With more than a thousand shank designs in stock at any moment, this is the largest single category in the world's largest vintage button archive. Shank construction — a metal or nylon loop on the back of the button — is what separates tailored garments from everyday ones: the thread hides behind the button, the face stays uninterrupted, and the button sits slightly proud of the fabric so it catches light. Nearly every blazer crest, art deco showpiece and jewelled evening button ever made is a shank for exactly that reason.

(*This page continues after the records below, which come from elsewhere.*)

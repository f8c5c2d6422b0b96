-- ===== src/Utf8.antt =====
-- Characters and their UTF-8 bytes, as `str::as_bytes`, `char::from_u32` and `String::from_utf8` of
-- the Rust standard library have them. A character is its code point.
pub mod RoundTrip
use parch_testbench.Prelude.{
  ℕ, zero, suc, ◌+◌, ◌-◌, ◌*◌, ◌/◌, ◌%◌, Bool, ◌&&◌, ◌||◌, Option, none, some, List, [], ◌∷◌, ◌++◌,
  Text, ltb, leb, if◌then◌else◌,
}

-- `char::from_u32(c).is_some()`
abbrev pub is_char : ℕ → Bool
is_char c = ltb c 0xd800 || (leb 0xe000 c && ltb c 0x110000)

unfoldable pub encode_char : ℕ → List ℕ
encode_char c =
    if ltb c 0x80
    then c ∷ []
    else if ltb c 0x800
    then (0xc0 + c / 64) ∷ (0x80 + c % 64) ∷ []
    else if ltb c 0x10000
    then (0xe0 + c / 4096) ∷ (0x80 + c / 64 % 64) ∷ (0x80 + c % 64) ∷ []
    else (0xf0 + c / 262144) ∷ (0x80 + c / 4096 % 64) ∷ (0x80 + c / 64 % 64) ∷ (0x80 + c % 64) ∷ []

unfoldable pub as_bytes : Text → List ℕ
as_bytes [] = []
as_bytes (c ∷ t) = encode_char c ++ as_bytes t

abbrev cons_char : ℕ → Option Text → Option Text
cons_char c none = none
cons_char c (some t) = some (c ∷ t)

-- `need` bytes are missing of a character whose bits so far are `acc` and whose least code is `low`.
decode_from : ℕ → ℕ → ℕ → List ℕ → Option Text
decode_from zero acc low [] = some []
decode_from (suc need) acc low [] = none
decode_from zero acc low (b ∷ s) =
    let one = cons_char b (decode_from 0 0 0 s) in
    let two = decode_from 1 (b - 0xc0) 0x80 s in
    let three = decode_from 2 (b - 0xe0) 0x800 s in
    let four = decode_from 3 (b - 0xf0) 0x10000 s in
    if ltb b 0x80
    then one
    else if ltb b 0xc0
    then none
    else if ltb b 0xe0
    then two
    else if ltb b 0xf0
    then three
    else if ltb b 0xf8
    then four
    else none
decode_from (suc zero) acc low (b ∷ s) =
    let c = acc * 64 + (b - 0x80) in
    let rest = cons_char c (decode_from 0 0 0 s) in
    if leb 0x80 b && ltb b 0xc0 && (leb low c && is_char c) then rest else none
decode_from (suc (suc need)) acc low (b ∷ s) =
    let rest = decode_from (suc need) (acc * 64 + (b - 0x80)) low s in
    if leb 0x80 b && ltb b 0xc0 then rest else none

unfoldable pub from_utf8 : List ℕ → Option Text
unfolding decode_from
from_utf8 bytes = decode_from 0 0 0 bytes
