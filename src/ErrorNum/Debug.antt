-- ===== src/ErrorNum/Debug.antt =====
-- `#[derive(Debug)]` of `ErrorNum` in usrlib_rust/src/utils/error_num.rs: the name of the variant.
use parch_testbench.Prelude.{Text, codes}
use parch_testbench.ErrorNum.{
  ErrorNum, noerr, eperm, enoent, esrch, eintr, eio, enxio, e2big, enoexec, ebadf, echild, eagain,
  enomem, eacces, efault, enotblk, ebusy, eexist, exdev, enodev, enotdir, eisdir, einval, enfile,
  emfile, enotty, etxtbsy, efbig, enospc, espipe, erofs, emlink, epipe, edom, erange, edeadlk,
  enametoolong, enolck, enosys, enotempty, eloop, enomsg, eidrm, echrng, el2nsync, el3hlt, el3rst,
  elnrng, eunatch, enocsi, el2hlt, ebade, ebadr, exfull, enoano, ebadrqc, ebadslt, ebfont, enostr,
  enodata, etime, enosr, enonet, enopkg, eremote, enolink, eadv, esrmnt, ecomm, eproto, emultihop,
  edotdot, ebadmsg, eoverflow, enotuniq, ebadfd, eremchg, elibacc, elibbad, elibscn, elibmax,
  elibexec, eilseq, erestart, estrpipe, eusers, enotsock, edestaddrreq, emsgsize, eprototype,
  enoprotoopt, eprotonosupport, esocktnosupport, eopnotsupp, epfnosupport, eafnosupport, eaddrinuse,
  eaddrnotavail, enetdown, enetunreach, enetreset, econnaborted, econnreset, enobufs, eisconn,
  enotconn, eshutdown, etoomanyrefs, etimedout, econnrefused, ehostdown, ehostunreach, ealready,
  einprogress, estale, euclean, enotnam, enavail, eisnam, eremoteio, edquot, enomedium, emediumtype,
  ecanceled, enokey, ekeyexpired, ekeyrevoked, ekeyrejected, eownerdead, enotrecoverable, ewrongseg,
  eempty, eoor, enotaligned, ebadtype, enotmapped, enoseg, emmaped, enosig, esigdisabled, ebadcodex,
  eeof,
}

unfoldable pub debug : ErrorNum → Text
debug noerr = codes "NOERR"
debug eperm = codes "EPERM"
debug enoent = codes "ENOENT"
debug esrch = codes "ESRCH"
debug eintr = codes "EINTR"
debug eio = codes "EIO"
debug enxio = codes "ENXIO"
debug e2big = codes "E2BIG"
debug enoexec = codes "ENOEXEC"
debug ebadf = codes "EBADF"
debug echild = codes "ECHILD"
debug eagain = codes "EAGAIN"
debug enomem = codes "ENOMEM"
debug eacces = codes "EACCES"
debug efault = codes "EFAULT"
debug enotblk = codes "ENOTBLK"
debug ebusy = codes "EBUSY"
debug eexist = codes "EEXIST"
debug exdev = codes "EXDEV"
debug enodev = codes "ENODEV"
debug enotdir = codes "ENOTDIR"
debug eisdir = codes "EISDIR"
debug einval = codes "EINVAL"
debug enfile = codes "ENFILE"
debug emfile = codes "EMFILE"
debug enotty = codes "ENOTTY"
debug etxtbsy = codes "ETXTBSY"
debug efbig = codes "EFBIG"
debug enospc = codes "ENOSPC"
debug espipe = codes "ESPIPE"
debug erofs = codes "EROFS"
debug emlink = codes "EMLINK"
debug epipe = codes "EPIPE"
debug edom = codes "EDOM"
debug erange = codes "ERANGE"
debug edeadlk = codes "EDEADLK"
debug enametoolong = codes "ENAMETOOLONG"
debug enolck = codes "ENOLCK"
debug enosys = codes "ENOSYS"
debug enotempty = codes "ENOTEMPTY"
debug eloop = codes "ELOOP"
debug enomsg = codes "ENOMSG"
debug eidrm = codes "EIDRM"
debug echrng = codes "ECHRNG"
debug el2nsync = codes "EL2NSYNC"
debug el3hlt = codes "EL3HLT"
debug el3rst = codes "EL3RST"
debug elnrng = codes "ELNRNG"
debug eunatch = codes "EUNATCH"
debug enocsi = codes "ENOCSI"
debug el2hlt = codes "EL2HLT"
debug ebade = codes "EBADE"
debug ebadr = codes "EBADR"
debug exfull = codes "EXFULL"
debug enoano = codes "ENOANO"
debug ebadrqc = codes "EBADRQC"
debug ebadslt = codes "EBADSLT"
debug ebfont = codes "EBFONT"
debug enostr = codes "ENOSTR"
debug enodata = codes "ENODATA"
debug etime = codes "ETIME"
debug enosr = codes "ENOSR"
debug enonet = codes "ENONET"
debug enopkg = codes "ENOPKG"
debug eremote = codes "EREMOTE"
debug enolink = codes "ENOLINK"
debug eadv = codes "EADV"
debug esrmnt = codes "ESRMNT"
debug ecomm = codes "ECOMM"
debug eproto = codes "EPROTO"
debug emultihop = codes "EMULTIHOP"
debug edotdot = codes "EDOTDOT"
debug ebadmsg = codes "EBADMSG"
debug eoverflow = codes "EOVERFLOW"
debug enotuniq = codes "ENOTUNIQ"
debug ebadfd = codes "EBADFD"
debug eremchg = codes "EREMCHG"
debug elibacc = codes "ELIBACC"
debug elibbad = codes "ELIBBAD"
debug elibscn = codes "ELIBSCN"
debug elibmax = codes "ELIBMAX"
debug elibexec = codes "ELIBEXEC"
debug eilseq = codes "EILSEQ"
debug erestart = codes "ERESTART"
debug estrpipe = codes "ESTRPIPE"
debug eusers = codes "EUSERS"
debug enotsock = codes "ENOTSOCK"
debug edestaddrreq = codes "EDESTADDRREQ"
debug emsgsize = codes "EMSGSIZE"
debug eprototype = codes "EPROTOTYPE"
debug enoprotoopt = codes "ENOPROTOOPT"
debug eprotonosupport = codes "EPROTONOSUPPORT"
debug esocktnosupport = codes "ESOCKTNOSUPPORT"
debug eopnotsupp = codes "EOPNOTSUPP"
debug epfnosupport = codes "EPFNOSUPPORT"
debug eafnosupport = codes "EAFNOSUPPORT"
debug eaddrinuse = codes "EADDRINUSE"
debug eaddrnotavail = codes "EADDRNOTAVAIL"
debug enetdown = codes "ENETDOWN"
debug enetunreach = codes "ENETUNREACH"
debug enetreset = codes "ENETRESET"
debug econnaborted = codes "ECONNABORTED"
debug econnreset = codes "ECONNRESET"
debug enobufs = codes "ENOBUFS"
debug eisconn = codes "EISCONN"
debug enotconn = codes "ENOTCONN"
debug eshutdown = codes "ESHUTDOWN"
debug etoomanyrefs = codes "ETOOMANYREFS"
debug etimedout = codes "ETIMEDOUT"
debug econnrefused = codes "ECONNREFUSED"
debug ehostdown = codes "EHOSTDOWN"
debug ehostunreach = codes "EHOSTUNREACH"
debug ealready = codes "EALREADY"
debug einprogress = codes "EINPROGRESS"
debug estale = codes "ESTALE"
debug euclean = codes "EUCLEAN"
debug enotnam = codes "ENOTNAM"
debug enavail = codes "ENAVAIL"
debug eisnam = codes "EISNAM"
debug eremoteio = codes "EREMOTEIO"
debug edquot = codes "EDQUOT"
debug enomedium = codes "ENOMEDIUM"
debug emediumtype = codes "EMEDIUMTYPE"
debug ecanceled = codes "ECANCELED"
debug enokey = codes "ENOKEY"
debug ekeyexpired = codes "EKEYEXPIRED"
debug ekeyrevoked = codes "EKEYREVOKED"
debug ekeyrejected = codes "EKEYREJECTED"
debug eownerdead = codes "EOWNERDEAD"
debug enotrecoverable = codes "ENOTRECOVERABLE"
debug ewrongseg = codes "EWRONGSEG"
debug eempty = codes "EEMPTY"
debug eoor = codes "EOOR"
debug enotaligned = codes "ENOTALIGNED"
debug ebadtype = codes "EBADTYPE"
debug enotmapped = codes "ENOTMAPPED"
debug enoseg = codes "ENOSEG"
debug emmaped = codes "EMMAPED"
debug enosig = codes "ENOSIG"
debug esigdisabled = codes "ESIGDISABLED"
debug ebadcodex = codes "EBADCODEX"
debug eeof = codes "EEOF"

How to choose: match the shank to the fabric weight. Heavy coats and blazers carry large metal shanks (20–36 mm) with pride; cardigans and dresses want lighter nylon or smaller metal designs (12–18 mm). Sewing tip — always use a thread shank extension on thick fabrics: wrap the thread a few turns between button and fabric before tying off, so the buttonhole side has room to sit flat.

Start narrow if a thousand options is too many: crests for blazers, art deco statements, or everything gold.

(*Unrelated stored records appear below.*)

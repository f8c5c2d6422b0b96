-- ===== src/Types.antt =====
-- usrlib_rust/src/utils/types.rs: file descriptors and the flags that system calls take.
pub mod OpenMode
pub mod Permission
use parch_testbench.Prelude.{ℕ, List}

pub record FileDecstiptor : Type 0 where
  pub inner : ℕ

unfoldable pub from : ℕ → FileDecstiptor
from inner = record { inner = inner }

-- Laid out in this order without padding: 4, 2 and 122 bytes.
pub record Dirent : Type 0 where
  pub inode : ℕ
  pub f_type : ℕ
  pub name : List ℕ
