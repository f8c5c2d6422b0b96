-- ===== src/Types/OpenMode.antt =====
-- `OpenMode` of usrlib_rust/src/utils/types.rs. A `bitflags!` type is its bits.
use parch_testbench.Prelude.{ℕ}

abbrev pub OpenMode : Type 0
OpenMode = ℕ

abbrev pub read : OpenMode
read = 1

abbrev pub write : OpenMode
write = 2

abbrev pub create : OpenMode
create = 4

abbrev pub exec : OpenMode
exec = 8

abbrev pub sys : OpenMode
sys = 16

abbrev pub no_follow : OpenMode
no_follow = 32
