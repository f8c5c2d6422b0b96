-- ===== src/Machine/Arguments.antt =====
-- How the programs read an argument as text: `str::from_utf8(argv[i]).unwrap()`.
pub mod Footprint
pub mod Texts
use parch_testbench.Prelude.{ℕ, zero, suc, List, [], ◌∷◌, Text, Option, none, some}
use parch_testbench.Utf8.{from_utf8}
use parch_testbench.Machine.{Platform, M, pure, panic, unwrap_failed, out_of_bounds}

abbrev pub get_elem? {ℓ} : {A : Type ℓ} → List A → ℕ → Option A
get_elem? [] i = none
get_elem? (x ∷ xs) zero = some x
get_elem? (x ∷ xs) (suc i) = get_elem? xs i

module _ {P : Platform} where
  abbrev pub text_of : Option Text → M P Text
  text_of none = panic unwrap_failed
  text_of (some t) = pure t

  abbrev pub argument_of : Option (List ℕ) → M P Text
  argument_of none = panic out_of_bounds
  argument_of (some a) = text_of (from_utf8 a)

  unfoldable pub argument_text : List (List ℕ) → ℕ → M P Text
  argument_text argv i = argument_of (get_elem? argv i)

Vintage Shank Buttons — Questions, Answered

What is a shank button?

A button with a loop on the back instead of holes through the face. You sew through the loop, so no thread shows on the front — which is why decorated and metal buttons are almost always shanks.

How do I sew on a shank button?

Anchor your thread on the fabric, pass through the shank loop and fabric six to eight times, then wind the thread a few turns around the stitches between button and fabric before knotting. That thread wrap gives thick fabrics room to close without straining.

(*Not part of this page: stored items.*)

-- ===== src/Formats.antt =====
-- What the programs print by way of `core::fmt` and of the `time` crate, which are parameters.
use parch_testbench.Prelude.{ℕ, List, Text}

pub record Formats : Type 0 where
  -- `{}` of a `usize`, and of an `isize` by its bit pattern
  pub show_usize : ℕ → Text
  pub show_isize : ℕ → Text
  -- the time at +8 hours as `%F %r %z`, from nanoseconds since the epoch
  pub show_time : ℕ → Text
  -- `String::from_utf8_lossy`
  pub lossy : List ℕ → Text
  -- `{:?}` of a text, in quotes and escaped
  pub debug_str : Text → Text
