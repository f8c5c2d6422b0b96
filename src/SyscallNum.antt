-- ===== src/SyscallNum.antt =====
-- usrlib_rust/src/utils/syscall_num.rs: the numbers that select a system call.
use parch_testbench.Prelude.{ℕ}

abbrev pub syscall_write : ℕ
syscall_write = 0

abbrev pub syscall_read : ℕ
syscall_read = 1

abbrev pub syscall_open : ℕ
syscall_open = 2

abbrev pub syscall_openat : ℕ
syscall_openat = 3

abbrev pub syscall_close : ℕ
syscall_close = 4

abbrev pub syscall_dup : ℕ
syscall_dup = 5

abbrev pub syscall_fork : ℕ
syscall_fork = 6

abbrev pub syscall_exec : ℕ
syscall_exec = 7

abbrev pub syscall_exit : ℕ
syscall_exit = 8

abbrev pub syscall_mmap : ℕ
syscall_mmap = 9

abbrev pub syscall_signal : ℕ
syscall_signal = 10

abbrev pub syscall_waitpid : ℕ
syscall_waitpid = 11

abbrev pub syscall_sigaction : ℕ
syscall_sigaction = 12

abbrev pub syscall_sigreturn : ℕ
syscall_sigreturn = 13

abbrev pub syscall_getcwd : ℕ
syscall_getcwd = 14

abbrev pub syscall_chdir : ℕ
syscall_chdir = 15

abbrev pub syscall_sbrk : ℕ
syscall_sbrk = 16

abbrev pub syscall_getdents : ℕ
syscall_getdents = 17

abbrev pub syscall_pipe : ℕ
syscall_pipe = 18

abbrev pub syscall_sysstat : ℕ
syscall_sysstat = 19

abbrev pub syscall_munmap : ℕ
syscall_munmap = 20

abbrev pub syscall_mkdir : ℕ
syscall_mkdir = 21

abbrev pub syscall_ioctl : ℕ
syscall_ioctl = 22

abbrev pub syscall_delete : ℕ
syscall_delete = 23

abbrev pub syscall_seek : ℕ
syscall_seek = 24

abbrev pub syscall_time : ℕ
syscall_time = 25
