-- ===== src/Syscall.antt =====
-- usrlib_rust/src/syscall.rs: the trap itself, reading and writing. A slice or a `&mut` is its
-- address (and length), an `isize` its bit pattern, a text is encoded when its bytes are taken.
pub mod Argv
pub mod Calls
pub mod Cwd
pub mod Errors
pub mod Files
pub mod Footprint
pub mod Paths
pub mod Process
use parch_testbench.Prelude.{
  ℕ, ◌-◌, ◌%◌, ◌^◌, List, [], ◌∷◌, ◌++◌, Text, length, replicate, ◌==◌, if◌then◌else◌,
}
use parch_testbench.Utf8.{as_bytes}
use parch_testbench.ErrorNum.{Conversion, ok, err, try_from}
use parch_testbench.Types.{FileDecstiptor}
use parch_testbench.SyscallNum.{syscall_write, syscall_read}
use parch_testbench.Machine.{
  Registers, Trap, back, gone, Platform, Machine, unwrap_err, Outcome, value, error, panicked,
  ended, M, with_local, load_bytes, ◌>>=◌, ◌>>◌,
}
use parch_testbench.Allocator.{with_vec}

abbrev pub usize_mod : ℕ
usize_mod = 2 ^ 64

-- `-(r as isize) as usize`
abbrev pub negate : ℕ → ℕ
negate r = (usize_mod - r) % usize_mod

-- `s.as_bytes().to_vec()` and `push(0)`
abbrev pub nul_terminated : Text → List ℕ
nul_terminated s = as_bytes s ++ 0 ∷ []

module _ {P : Platform} where
  -- `Err(ErrorNum::try_from(…).unwrap())`
  abbrev pub error_of : Conversion → M P ℕ
  error_of (ok e) s = error e s
  error_of (err e) s = panicked (unwrap_err e) s

  abbrev pub returned : Trap P.Kernel → Machine P → Outcome P ℕ
  returned (back ret success m k) s =
      let s' = record s { mem = m; kernel = k } in
      if success == 0 then value ret s' else error_of (try_from (negate ret)) s'
  returned (gone k) s = ended k

  unfoldable pub do_syscall : Registers → M P ℕ
  do_syscall r s = returned (P.ecall r s.mem s.kernel) s

  unfoldable pub write_raw : FileDecstiptor → ℕ → ℕ → M P ℕ
  write_raw fd buf len =
      do_syscall
        (record { a0 = fd.inner; a1 = buf; a2 = len; a3 = 0; a4 = 0; a5 = 0; a7 = syscall_write })

  -- The slice lies somewhere in memory while the call runs.
  unfoldable pub write : FileDecstiptor → List ℕ → M P ℕ
  unfolding write_raw with_local
  write fd buf = with_local buf (λ p. write_raw fd p (length buf))

  unfoldable pub read_raw : FileDecstiptor → ℕ → ℕ → M P ℕ
  read_raw fd buf len =
      do_syscall
        (record { a0 = fd.inner; a1 = buf; a2 = len; a3 = 0; a4 = 0; a5 = 0; a7 = syscall_read })

  unfoldable pub read : FileDecstiptor → ℕ → ℕ → M P ℕ
  unfolding read_raw
  read fd buf len = read_raw fd buf len

  unfoldable pub read_vec : FileDecstiptor → ℕ → M P (List ℕ)
  unfolding read with_vec load_bytes
  read_vec fd len = with_vec (replicate len 0) (λ p. do read fd p len; load_bytes p len)
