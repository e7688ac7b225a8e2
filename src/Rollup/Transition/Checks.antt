-- ===== src/Rollup/Transition/Checks.antt =====
-- What the checks of transitions and sequences accept.
use quids_evm_cpp.Base.{
  ℕ, zero, suc, ◌<◌, ◌≡◌, ◌↔◌, refl, ap, true, Option, none, some, List, [], ◌∷◌, nat_eq, list_eq,
  arith, get_elem?,
}
use quids_evm_cpp.Blockchain.Transaction.{Transaction}
use quids_evm_cpp.Rollup.Transition.{follows, verify_transaction_sequence}

-- The nonces go up from each transaction to every later one.
abbrev pub IsAscending : List Transaction → Type 0
IsAscending txs =
    (i j : ℕ) (a b : Transaction)
    → i < j
    → get_elem? txs i ≡ some a
    → get_elem? txs j ≡ some b
    → a.nonce < b.nonce

nonce_of : Option Transaction → ℕ
nonce_of none = 0
nonce_of (some tx) = tx.nonce

same_nonce : (a b : Transaction) → some a ≡ some b → a.nonce ≡ b.nonce
unfolding nonce_of
same_nonce a b e = ap nonce_of e

follows_step :
    (n : ℕ) (tx : Transaction) (txs : List Transaction)
    → (follows n (tx ∷ txs) ≡ true) ↔ ((n < tx.nonce) × (follows tx.nonce txs ≡ true))
follows_step n tx txs = (λ h. ground (arith, h), λ h. ground (arith, h.0, h.1))

follows-later :
    (n : ℕ) (txs : List Transaction) (j : ℕ) (b : Transaction)
    → follows n txs ≡ true
    → get_elem? txs j ≡ some b
    → n < b.nonce
follows-later n [] j b h at_j = cc
follows-later n (tx ∷ txs) zero b h at_j =
    omega (arith, ((follows_step n tx txs).0 h).0, same_nonce tx b at_j)
follows-later n (tx ∷ txs) (suc j) b h at_j =
    let (less, rest) = (follows_step n tx txs).0 h in
    omega (arith, less, follows-later tx.nonce txs j b rest at_j)

follows-IsAscending :
    (tx : Transaction) (txs : List Transaction)
    → follows tx.nonce txs ≡ true
    → IsAscending (tx ∷ txs)
follows-IsAscending tx txs h zero zero a b less at_i at_j = elim less [ ]
follows-IsAscending tx txs h zero (suc j) a b less at_i at_j =
    omega (arith, same_nonce tx a at_i, follows-later tx.nonce txs j b h at_j)
follows-IsAscending tx txs h (suc i) zero a b less at_i at_j = elim less [ ]
follows-IsAscending tx [] h (suc i) (suc j) a b less at_i at_j = cc
follows-IsAscending tx (second ∷ txs) h (suc i) (suc j) a b less at_i at_j =
    follows-IsAscending second txs ((follows_step tx.nonce second txs).0 h).1 i j a b
      (omega (arith, less)) at_i at_j

follows_of_IsAscending :
    (n : ℕ) (txs : List Transaction)
    → ((j : ℕ) (b : Transaction) → get_elem? txs j ≡ some b → n < b.nonce)
    → IsAscending txs
    → follows n txs ≡ true
follows_of_IsAscending n [] above h = refl
follows_of_IsAscending n (tx ∷ txs) above h = (follows_step n tx txs).1 (
  above 0 tx refl,
  follows_of_IsAscending tx.nonce txs (λ j b at_j. h 0 (suc j) tx b (omega arith) refl at_j)
      (λ i j a b less at_i at_j. h (suc i) (suc j) a b (omega (arith, less)) at_i at_j),
)

-- A sequence is accepted exactly if the nonces go up from each transaction to every later one; they
-- need not be consecutive.
pub verify_transaction_sequence_iff :
    (txs : List Transaction) → (verify_transaction_sequence txs ≡ true) ↔ IsAscending txs
unfolding verify_transaction_sequence
verify_transaction_sequence_iff [] = (λ h i j a b less at_i at_j. cc, λ h. refl)
verify_transaction_sequence_iff (tx ∷ txs) = (
  follows-IsAscending tx txs,
  λ h.
      follows_of_IsAscending tx.nonce txs (λ j b at_j. h 0 (suc j) tx b (omega arith) refl at_j)
        (λ i j a b less at_i at_j. h (suc i) (suc j) a b (omega (arith, less)) at_i at_j),
)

Are shank buttons better than sew-through buttons?

Not better — different jobs. Shanks suit coats, blazers and decorative closures because they hide the thread and sit proud of the fabric. Sew-throughs (2-hole and 4-hole) are flatter, machine-sewable and better for shirts and hard-wearing garments.

What sizes do vintage shank buttons come in?

Ours run from about 9 mm collar-size buttons to 40 mm statement pieces. Every listing shows the exact millimetre size, and many packs include the same design in two or three sizes for fronts and cuffs.